*** Opening of Dataset records ***
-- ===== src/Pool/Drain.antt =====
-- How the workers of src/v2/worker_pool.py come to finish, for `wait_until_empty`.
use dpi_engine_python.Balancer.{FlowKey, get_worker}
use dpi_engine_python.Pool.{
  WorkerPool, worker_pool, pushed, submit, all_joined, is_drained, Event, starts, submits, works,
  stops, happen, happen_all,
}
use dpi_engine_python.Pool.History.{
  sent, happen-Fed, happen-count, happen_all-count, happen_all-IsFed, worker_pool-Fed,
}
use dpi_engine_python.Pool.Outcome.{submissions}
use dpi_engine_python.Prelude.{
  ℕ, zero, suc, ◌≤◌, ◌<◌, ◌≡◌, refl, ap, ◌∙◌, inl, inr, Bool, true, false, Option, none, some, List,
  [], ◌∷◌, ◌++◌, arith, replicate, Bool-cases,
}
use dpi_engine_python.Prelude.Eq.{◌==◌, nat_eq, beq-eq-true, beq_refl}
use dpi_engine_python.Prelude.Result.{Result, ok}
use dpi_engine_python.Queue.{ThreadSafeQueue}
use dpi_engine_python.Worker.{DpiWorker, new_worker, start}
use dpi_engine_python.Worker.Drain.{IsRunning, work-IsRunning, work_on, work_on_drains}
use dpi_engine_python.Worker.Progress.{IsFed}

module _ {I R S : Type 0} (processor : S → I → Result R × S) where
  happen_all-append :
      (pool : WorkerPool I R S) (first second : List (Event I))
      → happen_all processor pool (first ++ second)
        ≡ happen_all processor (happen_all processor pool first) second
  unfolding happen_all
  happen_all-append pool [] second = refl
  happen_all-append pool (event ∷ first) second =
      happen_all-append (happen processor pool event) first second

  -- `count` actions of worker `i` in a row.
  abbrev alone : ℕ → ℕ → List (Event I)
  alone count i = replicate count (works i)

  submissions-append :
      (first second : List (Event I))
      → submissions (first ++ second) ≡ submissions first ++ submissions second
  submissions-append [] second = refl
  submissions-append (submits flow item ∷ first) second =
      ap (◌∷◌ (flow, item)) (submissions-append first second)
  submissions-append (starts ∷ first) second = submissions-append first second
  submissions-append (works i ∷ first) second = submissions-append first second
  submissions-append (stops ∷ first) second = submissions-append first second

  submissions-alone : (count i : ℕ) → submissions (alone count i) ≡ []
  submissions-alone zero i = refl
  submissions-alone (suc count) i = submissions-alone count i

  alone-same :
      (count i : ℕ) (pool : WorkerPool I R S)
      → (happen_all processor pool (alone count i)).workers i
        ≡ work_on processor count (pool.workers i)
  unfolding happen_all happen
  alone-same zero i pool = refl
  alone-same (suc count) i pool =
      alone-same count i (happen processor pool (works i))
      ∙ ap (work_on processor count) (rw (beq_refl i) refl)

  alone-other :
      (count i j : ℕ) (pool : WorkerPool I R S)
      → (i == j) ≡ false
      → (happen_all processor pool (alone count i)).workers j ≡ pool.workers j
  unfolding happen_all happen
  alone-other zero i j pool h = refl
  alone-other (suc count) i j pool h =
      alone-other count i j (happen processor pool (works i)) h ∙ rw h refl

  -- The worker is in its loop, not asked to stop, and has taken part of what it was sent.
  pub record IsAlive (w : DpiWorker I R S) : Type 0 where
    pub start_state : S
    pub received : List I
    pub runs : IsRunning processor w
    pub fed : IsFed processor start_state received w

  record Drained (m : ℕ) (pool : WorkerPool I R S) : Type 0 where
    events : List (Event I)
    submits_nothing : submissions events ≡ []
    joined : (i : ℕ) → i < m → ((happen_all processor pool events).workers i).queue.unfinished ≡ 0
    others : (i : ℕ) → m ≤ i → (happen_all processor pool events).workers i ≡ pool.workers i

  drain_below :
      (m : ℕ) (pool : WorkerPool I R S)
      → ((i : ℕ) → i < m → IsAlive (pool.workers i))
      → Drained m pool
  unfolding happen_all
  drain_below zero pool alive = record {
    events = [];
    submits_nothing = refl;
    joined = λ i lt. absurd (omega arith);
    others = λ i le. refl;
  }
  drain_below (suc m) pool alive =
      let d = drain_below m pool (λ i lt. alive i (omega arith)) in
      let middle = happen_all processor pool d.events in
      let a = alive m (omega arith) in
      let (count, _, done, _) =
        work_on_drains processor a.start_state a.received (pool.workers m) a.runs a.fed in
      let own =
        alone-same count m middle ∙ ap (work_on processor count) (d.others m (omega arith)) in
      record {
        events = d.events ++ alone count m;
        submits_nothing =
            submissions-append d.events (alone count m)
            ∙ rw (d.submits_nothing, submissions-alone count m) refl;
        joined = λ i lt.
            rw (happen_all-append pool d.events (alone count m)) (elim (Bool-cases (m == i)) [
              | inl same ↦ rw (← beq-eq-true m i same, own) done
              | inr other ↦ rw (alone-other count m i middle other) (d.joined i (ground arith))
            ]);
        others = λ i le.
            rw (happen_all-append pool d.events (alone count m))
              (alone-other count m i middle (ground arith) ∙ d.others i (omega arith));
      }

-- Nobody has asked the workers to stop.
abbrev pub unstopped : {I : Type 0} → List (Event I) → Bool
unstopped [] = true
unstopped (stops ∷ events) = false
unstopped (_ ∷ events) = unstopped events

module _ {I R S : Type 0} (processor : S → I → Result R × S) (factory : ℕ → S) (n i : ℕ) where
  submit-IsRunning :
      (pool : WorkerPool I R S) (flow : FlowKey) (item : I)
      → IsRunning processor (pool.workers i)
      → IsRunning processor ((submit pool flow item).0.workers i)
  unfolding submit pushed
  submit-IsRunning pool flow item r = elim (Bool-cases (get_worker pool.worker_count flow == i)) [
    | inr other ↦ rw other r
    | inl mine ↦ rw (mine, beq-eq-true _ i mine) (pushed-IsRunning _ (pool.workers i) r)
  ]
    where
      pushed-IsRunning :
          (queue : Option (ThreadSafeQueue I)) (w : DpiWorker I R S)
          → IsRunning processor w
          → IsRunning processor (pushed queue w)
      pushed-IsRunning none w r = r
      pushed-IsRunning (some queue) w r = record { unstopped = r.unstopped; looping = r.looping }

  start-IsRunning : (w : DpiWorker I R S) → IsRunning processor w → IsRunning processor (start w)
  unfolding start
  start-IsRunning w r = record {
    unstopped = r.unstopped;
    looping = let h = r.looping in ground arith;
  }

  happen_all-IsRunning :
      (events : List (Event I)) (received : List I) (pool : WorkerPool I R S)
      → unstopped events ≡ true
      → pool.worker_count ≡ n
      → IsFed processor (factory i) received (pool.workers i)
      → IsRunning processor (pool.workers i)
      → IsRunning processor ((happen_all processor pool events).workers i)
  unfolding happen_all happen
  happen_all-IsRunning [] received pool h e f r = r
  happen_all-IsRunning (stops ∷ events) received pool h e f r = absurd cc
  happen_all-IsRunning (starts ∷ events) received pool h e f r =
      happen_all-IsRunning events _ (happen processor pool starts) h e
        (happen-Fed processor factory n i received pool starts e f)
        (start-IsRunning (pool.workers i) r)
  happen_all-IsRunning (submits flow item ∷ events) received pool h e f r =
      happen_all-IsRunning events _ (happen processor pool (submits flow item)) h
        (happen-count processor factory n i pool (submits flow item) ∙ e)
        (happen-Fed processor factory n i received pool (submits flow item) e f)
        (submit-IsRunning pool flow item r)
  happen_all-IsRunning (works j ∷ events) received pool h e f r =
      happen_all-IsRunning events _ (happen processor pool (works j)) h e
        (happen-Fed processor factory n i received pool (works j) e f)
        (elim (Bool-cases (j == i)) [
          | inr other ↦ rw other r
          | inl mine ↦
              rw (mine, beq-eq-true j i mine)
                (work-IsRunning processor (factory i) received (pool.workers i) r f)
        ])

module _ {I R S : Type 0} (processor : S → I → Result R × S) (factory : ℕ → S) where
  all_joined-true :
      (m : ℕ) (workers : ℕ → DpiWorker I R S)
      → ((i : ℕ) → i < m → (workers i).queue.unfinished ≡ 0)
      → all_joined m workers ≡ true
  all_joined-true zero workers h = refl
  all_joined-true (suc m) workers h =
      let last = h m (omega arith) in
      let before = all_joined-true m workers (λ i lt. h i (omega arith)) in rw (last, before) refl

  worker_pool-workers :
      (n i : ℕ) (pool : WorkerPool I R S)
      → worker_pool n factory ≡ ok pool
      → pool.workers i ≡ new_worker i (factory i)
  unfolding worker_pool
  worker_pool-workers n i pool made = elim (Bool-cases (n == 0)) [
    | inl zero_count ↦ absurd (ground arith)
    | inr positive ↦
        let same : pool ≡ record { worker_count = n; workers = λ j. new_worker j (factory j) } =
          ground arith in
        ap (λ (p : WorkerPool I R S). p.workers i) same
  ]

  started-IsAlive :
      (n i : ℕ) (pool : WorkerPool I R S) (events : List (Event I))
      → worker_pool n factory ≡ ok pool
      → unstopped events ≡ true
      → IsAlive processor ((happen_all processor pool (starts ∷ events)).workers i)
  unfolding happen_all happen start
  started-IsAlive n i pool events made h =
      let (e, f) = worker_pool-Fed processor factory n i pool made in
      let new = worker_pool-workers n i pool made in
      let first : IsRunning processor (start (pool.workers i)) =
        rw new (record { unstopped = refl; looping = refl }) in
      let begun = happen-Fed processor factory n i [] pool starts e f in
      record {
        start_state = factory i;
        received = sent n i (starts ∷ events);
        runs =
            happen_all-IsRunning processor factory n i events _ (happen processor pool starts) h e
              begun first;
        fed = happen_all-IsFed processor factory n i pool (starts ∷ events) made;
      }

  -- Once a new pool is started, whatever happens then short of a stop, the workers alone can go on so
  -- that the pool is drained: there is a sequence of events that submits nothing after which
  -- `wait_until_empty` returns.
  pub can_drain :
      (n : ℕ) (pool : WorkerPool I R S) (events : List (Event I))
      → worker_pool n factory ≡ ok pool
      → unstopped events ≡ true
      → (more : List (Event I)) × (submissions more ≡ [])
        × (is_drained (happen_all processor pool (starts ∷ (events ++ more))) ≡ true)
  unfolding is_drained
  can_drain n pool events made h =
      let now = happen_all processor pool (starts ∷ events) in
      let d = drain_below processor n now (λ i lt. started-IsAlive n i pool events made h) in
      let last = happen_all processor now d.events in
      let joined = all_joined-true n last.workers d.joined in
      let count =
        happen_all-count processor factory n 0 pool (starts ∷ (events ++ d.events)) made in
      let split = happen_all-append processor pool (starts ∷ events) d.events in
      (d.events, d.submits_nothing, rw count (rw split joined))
*** Close of Dataset records ***
Work task: Examine the entries and report how many of their lines contain the string "arith", giving no more than the number.

Problem solution: 12